◆ **DIRECTIONS**:
Check each line of the records below and collect those that include the word "arith".

◆ **EXERCISE INPUT**:

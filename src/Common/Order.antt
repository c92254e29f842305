-- ===== src/Common/Order.antt =====
-- Go's `<` on strings as an order.
use kv_store.Common.{
  ℕ, ◌≡◌, ◌⊎◌, inl, inr, refl, true, false, [], ◌∷◌, Bytes, bytes_lt, bytes_eq, bytes_eq_iff, arith,
}

pub bytes_lt_irrefl : (a : Bytes) → bytes_lt a a ≡ false
unfolding bytes_lt
bytes_lt_irrefl [] = refl
bytes_lt_irrefl (x ∷ a) = ground (arith, bytes_lt_irrefl a)

pub bytes_lt_trans :
    (a b c : Bytes) → bytes_lt a b ≡ true → bytes_lt b c ≡ true → bytes_lt a c ≡ true
unfolding bytes_lt
bytes_lt_trans [] [] c h k = ground arith
bytes_lt_trans [] (y ∷ b) [] h k = ground arith
bytes_lt_trans [] (y ∷ b) (z ∷ c) h k = refl
bytes_lt_trans (x ∷ a) [] c h k = ground arith
bytes_lt_trans (x ∷ a) (y ∷ b) [] h k = ground arith
bytes_lt_trans (x ∷ a) (y ∷ b) (z ∷ c) h k = ground (arith, bytes_lt_trans a b c)

pub bytes_lt_total : (a b : Bytes) → (bytes_lt a b ≡ true) ⊎ (a ≡ b) ⊎ (bytes_lt b a ≡ true)
unfolding bytes_lt
bytes_lt_total [] [] = inr (inl refl)
bytes_lt_total [] (y ∷ b) = inl refl
bytes_lt_total (x ∷ a) [] = inr (inr refl)
bytes_lt_total (x ∷ a) (y ∷ b) = ground (arith, bytes_lt_total a b)

-- What is smaller is not equal.
pub bytes_lt_eq : (a b : Bytes) → bytes_lt a b ≡ true → bytes_eq a b ≡ false
bytes_lt_eq a b h = ground (arith, bytes_eq_iff a b, bytes_lt_irrefl a)

pub bytes_lt_eq_sym : (a b : Bytes) → bytes_lt a b ≡ true → bytes_eq b a ≡ false
bytes_lt_eq_sym a b h = ground (arith, bytes_eq_iff b a, bytes_lt_irrefl a)

-- The smallest string is the empty one.
pub bytes_lt_empty : (a : Bytes) → bytes_lt a [] ≡ false
unfolding bytes_lt
bytes_lt_empty [] = refl
bytes_lt_empty (x ∷ a) = refl

pub empty_bytes_lt : (x : ℕ) (a : Bytes) → bytes_lt [] (x ∷ a) ≡ true
unfolding bytes_lt
empty_bytes_lt x a = refl

pub bytes_lt_asym : (a b : Bytes) → bytes_lt a b ≡ true → bytes_lt b a ≡ false
bytes_lt_asym a b h = ground (arith, bytes_lt_trans a b a h, bytes_lt_irrefl a)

◆ **TASK SOLUTION**:
  ℕ, ◌≡◌, ◌⊎◌, inl, inr, refl, true, false, [], ◌∷◌, Bytes, bytes_lt, bytes_eq, bytes_eq_iff, arith,
bytes_lt_irrefl (x ∷ a) = ground (arith, bytes_lt_irrefl a)
bytes_lt_trans [] [] c h k = ground arith
bytes_lt_trans [] (y ∷ b) [] h k = ground arith
bytes_lt_trans (x ∷ a) [] c h k = ground arith
bytes_lt_trans (x ∷ a) (y ∷ b) [] h k = ground arith
bytes_lt_trans (x ∷ a) (y ∷ b) (z ∷ c) h k = ground (arith, bytes_lt_trans a b c)
bytes_lt_total (x ∷ a) (y ∷ b) = ground (arith, bytes_lt_total a b)
bytes_lt_eq a b h = ground (arith, bytes_eq_iff a b, bytes_lt_irrefl a)
bytes_lt_eq_sym a b h = ground (arith, bytes_eq_iff b a, bytes_lt_irrefl a)
bytes_lt_asym a b h = ground (arith, bytes_lt_trans a b a h, bytes_lt_irrefl a)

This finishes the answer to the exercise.